• [WHAT IS REQUIRED]: Across the entries below, how many lines have the string "then" in them? Reply with only the number.

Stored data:
::::

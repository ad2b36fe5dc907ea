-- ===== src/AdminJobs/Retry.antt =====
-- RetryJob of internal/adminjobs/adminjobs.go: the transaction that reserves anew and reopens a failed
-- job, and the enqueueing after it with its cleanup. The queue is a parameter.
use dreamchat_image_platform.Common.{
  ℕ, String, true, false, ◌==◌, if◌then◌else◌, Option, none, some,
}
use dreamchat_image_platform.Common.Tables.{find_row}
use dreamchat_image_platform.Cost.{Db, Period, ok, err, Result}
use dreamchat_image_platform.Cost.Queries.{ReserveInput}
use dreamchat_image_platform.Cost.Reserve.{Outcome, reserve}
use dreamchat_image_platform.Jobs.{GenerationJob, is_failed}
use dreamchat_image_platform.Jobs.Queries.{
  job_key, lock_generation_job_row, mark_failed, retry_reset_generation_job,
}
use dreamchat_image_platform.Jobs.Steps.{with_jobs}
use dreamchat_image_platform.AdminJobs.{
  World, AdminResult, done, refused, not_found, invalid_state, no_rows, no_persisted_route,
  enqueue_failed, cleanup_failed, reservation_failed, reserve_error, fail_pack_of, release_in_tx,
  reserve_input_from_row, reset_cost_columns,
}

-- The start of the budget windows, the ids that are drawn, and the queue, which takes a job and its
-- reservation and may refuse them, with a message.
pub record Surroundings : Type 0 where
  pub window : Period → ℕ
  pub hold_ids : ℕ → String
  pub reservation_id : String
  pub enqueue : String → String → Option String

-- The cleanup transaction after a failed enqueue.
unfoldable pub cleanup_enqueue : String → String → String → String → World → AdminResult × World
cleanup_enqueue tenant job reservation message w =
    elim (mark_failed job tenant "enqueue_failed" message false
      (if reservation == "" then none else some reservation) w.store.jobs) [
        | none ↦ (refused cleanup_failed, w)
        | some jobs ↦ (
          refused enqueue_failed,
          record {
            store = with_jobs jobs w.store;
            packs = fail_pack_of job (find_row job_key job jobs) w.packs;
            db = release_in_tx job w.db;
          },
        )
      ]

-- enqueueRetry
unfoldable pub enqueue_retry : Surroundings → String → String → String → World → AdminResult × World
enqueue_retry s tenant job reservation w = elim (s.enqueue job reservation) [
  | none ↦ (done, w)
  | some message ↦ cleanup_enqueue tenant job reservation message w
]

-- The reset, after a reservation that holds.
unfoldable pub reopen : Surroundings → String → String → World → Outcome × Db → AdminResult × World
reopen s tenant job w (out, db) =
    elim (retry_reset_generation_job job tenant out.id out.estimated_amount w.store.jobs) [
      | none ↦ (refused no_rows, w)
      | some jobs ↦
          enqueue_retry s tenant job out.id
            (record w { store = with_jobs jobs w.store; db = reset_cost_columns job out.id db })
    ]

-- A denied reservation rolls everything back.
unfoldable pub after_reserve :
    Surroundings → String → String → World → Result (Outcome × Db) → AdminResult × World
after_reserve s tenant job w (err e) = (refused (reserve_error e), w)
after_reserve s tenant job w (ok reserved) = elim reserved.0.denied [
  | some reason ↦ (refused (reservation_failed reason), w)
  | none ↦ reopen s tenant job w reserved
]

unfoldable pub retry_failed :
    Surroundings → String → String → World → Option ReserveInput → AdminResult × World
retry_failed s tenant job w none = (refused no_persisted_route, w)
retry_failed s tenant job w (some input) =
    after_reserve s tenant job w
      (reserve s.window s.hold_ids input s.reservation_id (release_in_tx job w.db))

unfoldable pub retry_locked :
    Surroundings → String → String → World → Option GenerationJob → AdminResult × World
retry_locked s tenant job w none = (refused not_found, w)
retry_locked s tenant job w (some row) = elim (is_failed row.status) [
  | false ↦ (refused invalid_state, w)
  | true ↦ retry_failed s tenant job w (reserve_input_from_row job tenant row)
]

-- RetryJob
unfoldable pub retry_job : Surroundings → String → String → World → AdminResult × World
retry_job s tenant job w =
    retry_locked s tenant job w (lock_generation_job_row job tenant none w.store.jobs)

::::

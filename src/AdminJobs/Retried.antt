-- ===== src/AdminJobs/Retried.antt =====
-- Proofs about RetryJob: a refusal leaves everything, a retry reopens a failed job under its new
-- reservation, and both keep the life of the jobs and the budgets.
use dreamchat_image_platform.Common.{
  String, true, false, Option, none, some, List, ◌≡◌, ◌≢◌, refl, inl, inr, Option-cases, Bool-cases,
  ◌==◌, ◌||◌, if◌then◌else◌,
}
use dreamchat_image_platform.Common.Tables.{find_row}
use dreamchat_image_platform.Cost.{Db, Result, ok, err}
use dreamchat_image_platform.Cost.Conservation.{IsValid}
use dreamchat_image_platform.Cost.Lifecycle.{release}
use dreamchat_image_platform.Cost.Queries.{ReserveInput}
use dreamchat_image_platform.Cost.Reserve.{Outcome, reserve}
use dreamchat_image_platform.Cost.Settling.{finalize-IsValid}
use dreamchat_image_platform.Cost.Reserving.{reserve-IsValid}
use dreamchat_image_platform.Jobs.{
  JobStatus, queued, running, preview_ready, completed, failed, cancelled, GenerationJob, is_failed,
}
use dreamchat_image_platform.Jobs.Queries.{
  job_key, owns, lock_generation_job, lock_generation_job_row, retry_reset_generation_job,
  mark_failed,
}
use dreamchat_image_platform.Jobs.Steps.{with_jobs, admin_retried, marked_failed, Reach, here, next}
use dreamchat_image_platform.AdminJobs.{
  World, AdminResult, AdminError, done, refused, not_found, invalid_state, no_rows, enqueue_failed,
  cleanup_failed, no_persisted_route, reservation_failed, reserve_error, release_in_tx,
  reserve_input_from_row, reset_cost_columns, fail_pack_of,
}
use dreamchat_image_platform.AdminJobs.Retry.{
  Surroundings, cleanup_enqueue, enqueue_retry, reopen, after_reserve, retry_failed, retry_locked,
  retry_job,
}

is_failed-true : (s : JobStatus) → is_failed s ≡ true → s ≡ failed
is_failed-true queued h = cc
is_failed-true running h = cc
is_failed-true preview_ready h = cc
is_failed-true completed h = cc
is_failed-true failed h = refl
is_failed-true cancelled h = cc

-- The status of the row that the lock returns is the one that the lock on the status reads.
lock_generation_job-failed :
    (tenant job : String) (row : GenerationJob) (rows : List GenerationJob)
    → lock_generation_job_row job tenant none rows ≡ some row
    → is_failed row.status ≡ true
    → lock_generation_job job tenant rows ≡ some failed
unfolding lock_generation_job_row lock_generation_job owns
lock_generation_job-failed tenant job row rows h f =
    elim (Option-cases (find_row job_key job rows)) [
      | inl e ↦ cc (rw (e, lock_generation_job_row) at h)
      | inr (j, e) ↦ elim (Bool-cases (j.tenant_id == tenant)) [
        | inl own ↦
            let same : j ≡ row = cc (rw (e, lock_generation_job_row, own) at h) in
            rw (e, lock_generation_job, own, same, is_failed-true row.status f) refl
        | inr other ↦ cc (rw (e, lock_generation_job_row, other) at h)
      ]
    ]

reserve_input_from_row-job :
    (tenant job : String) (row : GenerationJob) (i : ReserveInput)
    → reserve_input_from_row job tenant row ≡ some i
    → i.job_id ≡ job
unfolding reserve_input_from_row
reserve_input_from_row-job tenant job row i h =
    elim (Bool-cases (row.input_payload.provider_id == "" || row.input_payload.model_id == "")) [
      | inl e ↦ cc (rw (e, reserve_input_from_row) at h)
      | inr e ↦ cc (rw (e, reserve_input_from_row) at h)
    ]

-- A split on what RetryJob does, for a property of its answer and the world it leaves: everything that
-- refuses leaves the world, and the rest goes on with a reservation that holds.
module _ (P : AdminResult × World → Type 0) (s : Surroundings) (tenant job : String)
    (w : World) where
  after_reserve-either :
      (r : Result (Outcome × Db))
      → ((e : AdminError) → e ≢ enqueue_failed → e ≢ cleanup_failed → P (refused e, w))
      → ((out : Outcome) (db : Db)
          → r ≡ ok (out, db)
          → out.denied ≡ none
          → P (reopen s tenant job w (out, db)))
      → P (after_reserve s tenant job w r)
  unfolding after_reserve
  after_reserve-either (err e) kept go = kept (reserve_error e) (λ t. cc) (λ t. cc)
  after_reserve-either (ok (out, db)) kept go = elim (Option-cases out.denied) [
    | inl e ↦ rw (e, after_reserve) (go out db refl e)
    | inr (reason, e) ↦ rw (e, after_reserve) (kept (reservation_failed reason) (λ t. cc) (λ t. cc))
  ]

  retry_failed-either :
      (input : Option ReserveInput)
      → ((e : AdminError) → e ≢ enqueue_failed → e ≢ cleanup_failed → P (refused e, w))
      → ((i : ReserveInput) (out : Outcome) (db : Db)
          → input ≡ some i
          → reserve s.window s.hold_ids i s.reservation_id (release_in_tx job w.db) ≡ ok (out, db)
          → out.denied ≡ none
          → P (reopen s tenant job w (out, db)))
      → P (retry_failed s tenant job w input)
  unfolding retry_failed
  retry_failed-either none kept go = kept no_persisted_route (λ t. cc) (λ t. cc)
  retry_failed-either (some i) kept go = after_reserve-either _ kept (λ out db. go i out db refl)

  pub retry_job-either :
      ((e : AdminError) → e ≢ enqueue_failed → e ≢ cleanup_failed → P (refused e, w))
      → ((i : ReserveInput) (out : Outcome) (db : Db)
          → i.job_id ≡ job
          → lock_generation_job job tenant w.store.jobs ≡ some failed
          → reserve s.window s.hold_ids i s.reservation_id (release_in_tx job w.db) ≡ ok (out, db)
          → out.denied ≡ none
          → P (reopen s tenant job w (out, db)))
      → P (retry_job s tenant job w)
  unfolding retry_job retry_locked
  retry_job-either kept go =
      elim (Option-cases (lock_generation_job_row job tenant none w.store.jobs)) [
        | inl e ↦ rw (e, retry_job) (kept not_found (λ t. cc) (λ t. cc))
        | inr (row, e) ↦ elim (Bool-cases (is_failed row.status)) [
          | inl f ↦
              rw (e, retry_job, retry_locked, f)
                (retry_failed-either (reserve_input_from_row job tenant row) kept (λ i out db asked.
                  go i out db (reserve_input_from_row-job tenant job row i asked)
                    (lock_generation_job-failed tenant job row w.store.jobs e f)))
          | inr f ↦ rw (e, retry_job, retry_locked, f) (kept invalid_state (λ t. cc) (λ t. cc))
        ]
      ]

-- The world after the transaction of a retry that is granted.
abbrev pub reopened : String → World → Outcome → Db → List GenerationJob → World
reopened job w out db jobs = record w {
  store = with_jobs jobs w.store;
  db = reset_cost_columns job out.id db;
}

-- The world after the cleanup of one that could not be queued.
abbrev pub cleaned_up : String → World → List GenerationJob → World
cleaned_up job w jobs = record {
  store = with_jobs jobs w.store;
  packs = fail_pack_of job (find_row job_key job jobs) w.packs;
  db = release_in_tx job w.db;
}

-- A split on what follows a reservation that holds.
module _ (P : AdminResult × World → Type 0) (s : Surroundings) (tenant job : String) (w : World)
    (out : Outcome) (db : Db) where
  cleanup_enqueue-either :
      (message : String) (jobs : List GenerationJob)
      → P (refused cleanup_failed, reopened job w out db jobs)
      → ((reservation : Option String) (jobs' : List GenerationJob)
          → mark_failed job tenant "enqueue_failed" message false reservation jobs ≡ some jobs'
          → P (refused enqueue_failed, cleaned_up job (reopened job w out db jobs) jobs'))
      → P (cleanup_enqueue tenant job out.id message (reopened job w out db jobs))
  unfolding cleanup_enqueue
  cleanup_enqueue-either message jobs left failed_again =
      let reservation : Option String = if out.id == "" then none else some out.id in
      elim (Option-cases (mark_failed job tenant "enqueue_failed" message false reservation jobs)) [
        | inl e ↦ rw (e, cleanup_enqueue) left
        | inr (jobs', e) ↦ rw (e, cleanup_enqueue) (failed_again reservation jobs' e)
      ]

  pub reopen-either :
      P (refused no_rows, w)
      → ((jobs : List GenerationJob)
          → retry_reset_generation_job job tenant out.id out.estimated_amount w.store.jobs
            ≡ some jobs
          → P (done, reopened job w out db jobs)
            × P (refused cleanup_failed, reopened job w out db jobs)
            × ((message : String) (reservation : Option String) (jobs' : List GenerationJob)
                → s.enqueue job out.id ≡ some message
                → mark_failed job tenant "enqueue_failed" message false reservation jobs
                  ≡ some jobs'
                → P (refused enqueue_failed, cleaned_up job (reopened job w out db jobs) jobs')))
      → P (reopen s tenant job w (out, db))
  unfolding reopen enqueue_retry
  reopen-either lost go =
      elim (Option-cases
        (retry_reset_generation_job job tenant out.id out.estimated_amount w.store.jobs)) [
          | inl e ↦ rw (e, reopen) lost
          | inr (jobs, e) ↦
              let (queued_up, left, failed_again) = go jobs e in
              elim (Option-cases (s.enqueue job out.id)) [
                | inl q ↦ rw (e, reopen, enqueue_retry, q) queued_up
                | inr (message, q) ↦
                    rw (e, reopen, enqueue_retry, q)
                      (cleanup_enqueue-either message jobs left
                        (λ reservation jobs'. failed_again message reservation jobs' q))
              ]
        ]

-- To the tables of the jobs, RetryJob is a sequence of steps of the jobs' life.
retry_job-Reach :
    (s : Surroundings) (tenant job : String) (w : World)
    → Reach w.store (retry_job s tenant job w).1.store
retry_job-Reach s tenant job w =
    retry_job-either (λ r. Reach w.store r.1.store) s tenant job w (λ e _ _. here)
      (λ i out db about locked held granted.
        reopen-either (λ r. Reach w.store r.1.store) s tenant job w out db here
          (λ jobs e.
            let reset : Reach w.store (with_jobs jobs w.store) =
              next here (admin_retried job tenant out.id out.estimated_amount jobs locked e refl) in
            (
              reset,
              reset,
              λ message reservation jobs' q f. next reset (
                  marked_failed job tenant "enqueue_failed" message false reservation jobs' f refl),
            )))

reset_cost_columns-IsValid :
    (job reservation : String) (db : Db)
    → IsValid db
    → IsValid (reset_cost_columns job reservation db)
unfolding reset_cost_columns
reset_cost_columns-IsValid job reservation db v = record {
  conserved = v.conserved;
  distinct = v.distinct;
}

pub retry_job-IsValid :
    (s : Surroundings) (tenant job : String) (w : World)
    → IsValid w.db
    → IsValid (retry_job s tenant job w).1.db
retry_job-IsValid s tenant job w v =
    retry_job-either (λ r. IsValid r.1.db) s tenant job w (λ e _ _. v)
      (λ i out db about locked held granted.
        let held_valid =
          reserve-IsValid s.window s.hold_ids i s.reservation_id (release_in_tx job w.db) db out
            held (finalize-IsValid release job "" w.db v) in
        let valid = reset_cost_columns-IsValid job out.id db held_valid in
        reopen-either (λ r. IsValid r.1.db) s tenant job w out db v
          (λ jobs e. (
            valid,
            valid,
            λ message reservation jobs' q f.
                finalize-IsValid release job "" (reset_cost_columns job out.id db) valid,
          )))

::::

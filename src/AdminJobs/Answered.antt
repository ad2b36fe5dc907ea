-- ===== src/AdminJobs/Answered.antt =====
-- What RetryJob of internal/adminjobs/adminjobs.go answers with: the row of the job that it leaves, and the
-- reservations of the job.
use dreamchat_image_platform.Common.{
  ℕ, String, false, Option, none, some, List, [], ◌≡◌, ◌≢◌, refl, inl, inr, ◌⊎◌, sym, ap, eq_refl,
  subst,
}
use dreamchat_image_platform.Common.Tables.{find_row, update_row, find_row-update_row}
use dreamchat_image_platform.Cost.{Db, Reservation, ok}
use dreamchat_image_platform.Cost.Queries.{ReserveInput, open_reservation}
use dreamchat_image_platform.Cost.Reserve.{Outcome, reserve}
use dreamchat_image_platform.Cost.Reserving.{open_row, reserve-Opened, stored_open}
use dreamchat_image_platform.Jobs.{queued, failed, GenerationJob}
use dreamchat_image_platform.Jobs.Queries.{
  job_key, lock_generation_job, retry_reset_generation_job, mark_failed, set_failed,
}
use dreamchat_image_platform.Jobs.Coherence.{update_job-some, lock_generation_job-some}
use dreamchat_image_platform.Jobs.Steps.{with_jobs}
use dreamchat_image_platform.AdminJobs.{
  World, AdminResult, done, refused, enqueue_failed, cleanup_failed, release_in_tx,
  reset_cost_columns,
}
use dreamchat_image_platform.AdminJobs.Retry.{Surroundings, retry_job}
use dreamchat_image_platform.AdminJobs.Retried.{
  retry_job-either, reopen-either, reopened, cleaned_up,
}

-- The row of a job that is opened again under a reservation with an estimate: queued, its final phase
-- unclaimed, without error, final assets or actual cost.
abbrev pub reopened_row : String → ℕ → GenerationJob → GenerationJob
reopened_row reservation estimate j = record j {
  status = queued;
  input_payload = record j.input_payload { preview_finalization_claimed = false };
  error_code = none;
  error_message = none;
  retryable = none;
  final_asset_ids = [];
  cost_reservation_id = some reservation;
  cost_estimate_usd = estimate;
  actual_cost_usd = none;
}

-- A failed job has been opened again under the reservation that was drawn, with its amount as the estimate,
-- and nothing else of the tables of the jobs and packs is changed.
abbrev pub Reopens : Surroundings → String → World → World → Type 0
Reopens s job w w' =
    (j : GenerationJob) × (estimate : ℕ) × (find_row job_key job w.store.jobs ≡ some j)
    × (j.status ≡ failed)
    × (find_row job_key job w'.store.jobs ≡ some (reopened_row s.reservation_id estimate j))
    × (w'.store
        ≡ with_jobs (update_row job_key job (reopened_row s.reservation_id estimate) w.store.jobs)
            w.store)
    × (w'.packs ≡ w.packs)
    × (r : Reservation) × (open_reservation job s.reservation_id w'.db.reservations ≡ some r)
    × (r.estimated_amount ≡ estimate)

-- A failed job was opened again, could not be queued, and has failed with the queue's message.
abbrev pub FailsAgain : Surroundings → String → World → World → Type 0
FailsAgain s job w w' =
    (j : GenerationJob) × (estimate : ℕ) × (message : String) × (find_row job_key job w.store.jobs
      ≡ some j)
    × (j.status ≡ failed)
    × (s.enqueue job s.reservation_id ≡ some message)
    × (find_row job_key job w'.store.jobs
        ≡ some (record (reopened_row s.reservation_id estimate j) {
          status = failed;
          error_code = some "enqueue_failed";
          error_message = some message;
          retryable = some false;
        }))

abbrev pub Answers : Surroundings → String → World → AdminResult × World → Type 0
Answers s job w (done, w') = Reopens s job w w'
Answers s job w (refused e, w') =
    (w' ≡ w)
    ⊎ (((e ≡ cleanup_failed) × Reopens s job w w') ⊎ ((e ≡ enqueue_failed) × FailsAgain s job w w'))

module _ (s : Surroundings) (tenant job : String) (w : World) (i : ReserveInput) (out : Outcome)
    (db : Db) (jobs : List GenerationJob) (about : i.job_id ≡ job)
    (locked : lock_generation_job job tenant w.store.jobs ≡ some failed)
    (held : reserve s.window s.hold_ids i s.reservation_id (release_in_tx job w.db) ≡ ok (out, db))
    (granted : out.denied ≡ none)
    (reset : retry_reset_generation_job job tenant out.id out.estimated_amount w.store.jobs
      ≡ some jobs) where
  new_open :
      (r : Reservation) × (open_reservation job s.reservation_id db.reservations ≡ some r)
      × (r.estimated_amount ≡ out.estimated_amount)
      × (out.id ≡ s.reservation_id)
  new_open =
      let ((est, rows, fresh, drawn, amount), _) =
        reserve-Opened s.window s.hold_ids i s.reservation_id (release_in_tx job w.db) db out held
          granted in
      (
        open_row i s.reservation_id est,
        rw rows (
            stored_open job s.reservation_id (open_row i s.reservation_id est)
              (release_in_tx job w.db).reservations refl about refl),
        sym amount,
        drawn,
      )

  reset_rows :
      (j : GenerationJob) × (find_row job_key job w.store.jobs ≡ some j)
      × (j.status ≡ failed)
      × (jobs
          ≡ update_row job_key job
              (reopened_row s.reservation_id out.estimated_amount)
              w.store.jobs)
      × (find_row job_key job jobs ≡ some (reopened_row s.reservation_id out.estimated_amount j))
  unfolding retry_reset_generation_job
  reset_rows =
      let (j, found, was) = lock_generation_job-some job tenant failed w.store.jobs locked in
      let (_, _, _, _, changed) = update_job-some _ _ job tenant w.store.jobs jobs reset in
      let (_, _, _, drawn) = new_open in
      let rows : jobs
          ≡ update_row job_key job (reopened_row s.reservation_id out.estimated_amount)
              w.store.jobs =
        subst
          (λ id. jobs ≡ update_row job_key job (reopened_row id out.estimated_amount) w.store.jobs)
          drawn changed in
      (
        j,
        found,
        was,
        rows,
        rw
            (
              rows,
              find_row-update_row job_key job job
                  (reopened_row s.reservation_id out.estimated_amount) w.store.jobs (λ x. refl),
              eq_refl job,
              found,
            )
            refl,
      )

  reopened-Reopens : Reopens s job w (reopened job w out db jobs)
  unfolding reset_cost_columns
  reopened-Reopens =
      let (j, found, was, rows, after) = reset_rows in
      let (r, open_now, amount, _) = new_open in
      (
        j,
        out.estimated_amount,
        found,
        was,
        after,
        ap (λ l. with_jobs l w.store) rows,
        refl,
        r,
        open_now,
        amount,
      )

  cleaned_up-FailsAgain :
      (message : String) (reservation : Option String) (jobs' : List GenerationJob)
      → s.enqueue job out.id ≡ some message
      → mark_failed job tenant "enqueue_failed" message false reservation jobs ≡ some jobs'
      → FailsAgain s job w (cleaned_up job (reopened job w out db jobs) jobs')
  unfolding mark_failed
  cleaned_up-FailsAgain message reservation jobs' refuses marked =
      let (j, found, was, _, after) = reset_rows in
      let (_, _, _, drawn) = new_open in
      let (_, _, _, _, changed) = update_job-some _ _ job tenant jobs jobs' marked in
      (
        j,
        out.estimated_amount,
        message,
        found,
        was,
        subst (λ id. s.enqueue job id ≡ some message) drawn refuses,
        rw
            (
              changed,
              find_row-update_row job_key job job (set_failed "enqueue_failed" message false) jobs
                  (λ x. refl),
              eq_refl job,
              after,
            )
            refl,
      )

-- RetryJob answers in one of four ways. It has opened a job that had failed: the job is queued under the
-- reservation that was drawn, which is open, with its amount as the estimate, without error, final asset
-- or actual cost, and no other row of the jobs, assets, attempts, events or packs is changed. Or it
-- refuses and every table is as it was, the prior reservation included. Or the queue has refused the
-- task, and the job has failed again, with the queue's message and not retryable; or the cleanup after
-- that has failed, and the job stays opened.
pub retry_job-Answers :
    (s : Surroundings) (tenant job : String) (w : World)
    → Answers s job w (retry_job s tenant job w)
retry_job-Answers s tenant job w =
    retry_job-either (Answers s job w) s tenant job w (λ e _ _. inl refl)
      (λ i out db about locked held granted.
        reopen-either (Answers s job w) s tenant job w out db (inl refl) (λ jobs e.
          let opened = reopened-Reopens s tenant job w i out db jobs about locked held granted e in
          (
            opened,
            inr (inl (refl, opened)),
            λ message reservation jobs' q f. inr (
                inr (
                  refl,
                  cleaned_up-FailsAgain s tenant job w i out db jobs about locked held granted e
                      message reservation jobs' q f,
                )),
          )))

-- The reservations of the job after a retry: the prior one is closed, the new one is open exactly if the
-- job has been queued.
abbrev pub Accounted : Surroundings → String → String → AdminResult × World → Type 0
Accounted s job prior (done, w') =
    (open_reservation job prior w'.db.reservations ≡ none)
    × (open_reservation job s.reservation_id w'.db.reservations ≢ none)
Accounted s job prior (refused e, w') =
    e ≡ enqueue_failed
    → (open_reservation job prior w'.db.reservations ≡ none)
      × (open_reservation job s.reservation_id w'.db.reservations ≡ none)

::::

• [WRITTEN ANSWER]: 4